The other was the nightmare he’d had two nights ago. In the dream he was back in the Plaine Museum, sweeping it up as he had always done. Then he heard a scream and saw little Emma, a toddler like when he first saw her, being chased by the reanimated skeleton of Alex the mastodon. “Hewp me!” she screamed. “Mr. Gwaves, hewp me!” But Percival couldn’t help her. He was too old and slow even in the dream. He could only watch and scream as one of the mastodon’s tusks punctured the little girl’s heart.
He knew the source of the dream. Sitting in his bed, he knew what the dream wanted. It wanted him to come back, to perform the duty once again. He wasn’t surprised then when the ghost appeared over his bed.
“I knew it was you,” Percival said. “I knew you’d be coming for me.”
“It wasn’t my idea,” the ghost said. “I’d have just as soon left you for dead. But I suppose it wants to let you have the first crack at it.”
“You mean it wants me to get myself killed.”
“Not necessarily. It’s still weak enough that even an old codger like you could stop it.”
“Then why don’t you stop it, you annoying prick?”
“Because I’m a bloody ghost, you twit.”
“Yes, well, I’m a bloody invalid now, so go find some other poor bugger to do it.”
“We will. You can be sure of that. Just thought you might want to go out in a blaze of glory instead of rotting away in this hellhole.”
“I’m much too old for a blaze of glory.”
“So that’s it, then? You’re going to spend your last days cowering here, until it finally comes for you?”
“If that’s what happens, then it happens. None of my business anymore.” Percival tapped his leg with his cane. “I gave more than enough to you and your Order already.”
“The others gave their lives.”
“And they all died before they were fifty, didn’t they?”
“Not all. There was one who started when he was fifty-two.”
“He probably died when he was fifty-two as well.”
“Fifty-three.”
“Fine.

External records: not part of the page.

-- ===== src/RouteTable/Tracker/Ring.antt =====
-- The ring of diagnostics against the history of all that was pushed since the last drain.
use pingora_reverse_proxy.Prelude.{
  ℕ, suc, ◌+◌, ◌-◌, ◌≤◌, ◌<◌, ◌≡◌, refl, sym, ap, ◌∙◌, Bool, true, false, List, [], ◌∷◌, ◌++◌,
  length, take, drop, length-append, drop-append, take-append, length-drop, length-take-le,
  take-append-drop, drop-suc, take-suc, arith, append-nil, Bool-cases, inl, inr, ltb, ltb→lt, ◌==◌,
}
use pingora_reverse_proxy.RouteTable.Tracker.{
  DetachedMutationDiagnostic, failure, panic, MutationTrackerState, default, usize_max,
  detached_mutation_diagnostic_capacity, push_diagnostic, drop_oldest,
}
use pingora_reverse_proxy.RouteTable.Tracker.Drain.{failures, panics, take_outcome}

abbrev Diagnostics : Type 0
Diagnostics = List DetachedMutationDiagnostic

-- How many of the history's entries the ring has lost.
abbrev pub lost : Diagnostics → ℕ
lost history = length history - detached_mutation_diagnostic_capacity

-- The ring holds the newest entries of the history, and the counters the kinds of the lost ones.
pub record Keeps (history : Diagnostics) (state : MutationTrackerState) : Type 0 where
  pub window : state.diagnostics ≡ drop (lost history) history
  pub lost_failures :
      state.dropped_detached_failures ≡ length (failures (take (lost history) history))
  pub lost_panics : state.dropped_detached_panics ≡ length (panics (take (lost history) history))

failures-append : (ds es : Diagnostics) → failures (ds ++ es) ≡ failures ds ++ failures es
unfolding failures
failures-append [] es = refl
failures-append (failure f ∷ ds) es = ap (◌∷◌ f) (failures-append ds es)
failures-append (panic p ∷ ds) es = failures-append ds es

panics-append : (ds es : Diagnostics) → panics (ds ++ es) ≡ panics ds ++ panics es
unfolding panics
panics-append [] es = refl
panics-append (failure f ∷ ds) es = panics-append ds es
panics-append (panic p ∷ ds) es = ap (◌∷◌ p) (panics-append ds es)

pub counted : (ds : Diagnostics) → length (failures ds) + length (panics ds) ≡ length ds
unfolding failures panics
counted [] = omega arith
counted (failure f ∷ ds) = omega (arith, counted ds)
counted (panic p ∷ ds) = omega (arith, counted ds)

module _ (history : Diagnostics) (d : DetachedMutationDiagnostic) where
  abbrev longer : Diagnostics
  longer = history ++ d ∷ []

  length-longer : length longer ≡ suc (length history)
  length-longer = length-append history (d ∷ []) ∙ omega arith

  module _ (state : MutationTrackerState) (keeps : Keeps history state) where
    push-room :
        length history < detached_mutation_diagnostic_capacity
        → Keeps longer (push_diagnostic d state)
    unfolding push_diagnostic
    push-room room =
        let none_lost : lost history ≡ 0 = omega arith in
        let none_lost' : lost longer ≡ 0 = omega (arith, length-longer) in
        let window : state.diagnostics ≡ history = keeps.window ∙ (rw none_lost) in
        let shorter : (length state.diagnostics == detached_mutation_diagnostic_capacity) ≡ false =
          ground (arith, ap length window) in
        rw shorter (record {
          window = rw (none_lost', window);
          lost_failures = keeps.lost_failures ∙ (rw (none_lost, none_lost'));
          lost_panics = keeps.lost_panics ∙ (rw (none_lost, none_lost'));
        })

    lost_one :
        (x : DetachedMutationDiagnostic) (rest : Diagnostics)
        → drop (lost history) history ≡ x ∷ rest
        → (drop (suc (lost history)) longer ≡ rest ++ d ∷ [])
          × (take (suc (lost history)) longer ≡ take (lost history) history ++ x ∷ [])
    lost_one x rest e =
        let n = lost history in
        let some_left : suc n ≤ length history =
          omega (arith, length-drop n history, ap length e) in
        (
          drop-append (suc n) history (d ∷ []) some_left
              ∙ ap (λ xs. xs ++ d ∷ []) (drop-suc n history x rest e),
          take-append (suc n) history (d ∷ []) some_left ∙ take-suc n history x rest e,
        )

    module _ (full : detached_mutation_diagnostic_capacity ≤ length history)
        (few : length history < usize_max) where
      lost-longer : lost longer ≡ suc (lost history)
      lost-longer = omega (arith, length-longer)

      is_full : (length state.diagnostics == detached_mutation_diagnostic_capacity) ≡ true
      is_full = ground (arith, ap length keeps.window, length-drop (lost history) history)

      lost_before : length (take (lost history) history) < usize_max
      lost_before = omega (arith, length-take-le (lost history) history)

      push_full :
          (ds : Diagnostics) → state.diagnostics ≡ ds → Keeps longer (push_diagnostic d state)
      unfolding push_diagnostic failures panics
      push_full [] e =
          absurd
            (omega (arith, ap length (sym e ∙ keeps.window), length-drop (lost history) history))
      push_full (failure f ∷ rest) e =
          let (window, gone) = lost_one (failure f) rest (sym keeps.window ∙ e) in
          rw (is_full, push_diagnostic)
            (rw (e, drop_oldest)
              (record {
                window = rw (lost-longer) (sym window);
                lost_failures =
                    rw (lost-longer, gone, failures-append)
                      (omega (
                        arith,
                        keeps.lost_failures,
                        lost_before,
                        counted (take (lost history) history),
                        length-append (failures (take (lost history) history)) (f ∷ []),
                      ));
                lost_panics =
                    rw (lost-longer, gone, panics-append) (keeps.lost_panics ∙ (rw append-nil));
              }))
      push_full (panic p ∷ rest) e =
          let (window, gone) = lost_one (panic p) rest (sym keeps.window ∙ e) in
          rw (is_full, push_diagnostic)
            (rw (e, drop_oldest)
              (record {
                window = rw (lost-longer) (sym window);
                lost_failures =
                    rw (lost-longer, gone, failures-append) (keeps.lost_failures ∙ (rw append-nil));
                lost_panics =
                    rw (lost-longer, gone, panics-append)
                      (omega (
                        arith,
                        keeps.lost_panics,
                        lost_before,
                        counted (take (lost history) history),
                        length-append (panics (take (lost history) history)) (p ∷ []),
                      ));
              }))

-- A push keeps the ring a window of the newest 256 entries, in order, and counts what it drops by
-- kind, as long as the history is shorter than a `usize` can count.
pub push_diagnostic-Keeps :
    (history : Diagnostics) (d : DetachedMutationDiagnostic) (state : MutationTrackerState)
    → length history < usize_max
    → Keeps history state
    → Keeps (history ++ d ∷ []) (push_diagnostic d state)
push_diagnostic-Keeps history d state few keeps =
    elim (Bool-cases (ltb (length history) detached_mutation_diagnostic_capacity)) [
      | inl room ↦ push-room history d state keeps (ltb→lt _ _ room)
      | inr full ↦ push_full history d state keeps (ground arith) few state.diagnostics refl
    ]

pub default-Keeps : Keeps [] default
unfolding default failures panics
default-Keeps = record { window = refl; lost_failures = refl; lost_panics = refl }

-- A drain reports every diagnostic pushed since the last one, either in its lists, the newest 256
-- in order, or in the counter for its kind; and it leaves an empty ring.
pub take_outcome-reports :
    (history : Diagnostics) (timed_out : Bool) (state : MutationTrackerState)
    → Keeps history state
    → ((take_outcome timed_out state).0.detached_failures ≡ failures (drop (lost history) history))
      × ((take_outcome timed_out state).0.detached_panics ≡ panics (drop (lost history) history))
      × (length (take_outcome timed_out state).0.detached_failures
            + (take_outcome timed_out state).0.dropped_detached_failures
          ≡ length (failures history))
      × (length (take_outcome timed_out state).0.detached_panics
            + (take_outcome timed_out state).0.dropped_detached_panics
          ≡ length (panics history))
      × Keeps [] (take_outcome timed_out state).1
unfolding take_outcome failures panics
take_outcome-reports history timed_out state keeps =
    let n = lost history in
    let fs : length (failures history)
        ≡ length (failures (take n history)) + length (failures (drop n history)) =
      ap (λ h. length (failures h)) (sym (take-append-drop n history))
      ∙ ap length (failures-append (take n history) (drop n history))
      ∙ length-append _ _ in
    let ps : length (panics history)
        ≡ length (panics (take n history)) + length (panics (drop n history)) =
      ap (λ h. length (panics h)) (sym (take-append-drop n history))
      ∙ ap length (panics-append (take n history) (drop n history))
      ∙ length-append _ _ in
    (
      ap failures keeps.window,
      ap panics keeps.window,
      omega (arith, fs, keeps.lost_failures, ap (λ ds. length (failures ds)) keeps.window),
      omega (arith, ps, keeps.lost_panics, ap (λ ds. length (panics ds)) keeps.window),
      record { window = refl; lost_failures = refl; lost_panics = refl },
    )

The point is that I’m not going to do it anymore. You understand?”
“Go ahead then, you coward. Don’t be asking for my help when it comes back to finish the job.”
“I wouldn’t ask for your help, you bloody twerp.” The ghost started to fade back into the wall. Percival called out, “And don’t you ever make me dream about her like that again or I swear I’ll find a way to wring your scrawny neck.”
“It wasn’t my idea. You know how it works.”
“Yes, I suppose I do,” Percival said. The ghost disappeared, leaving Percival alone in the room again. He sighed and then reached over for the call button to get some damned sleeping pills.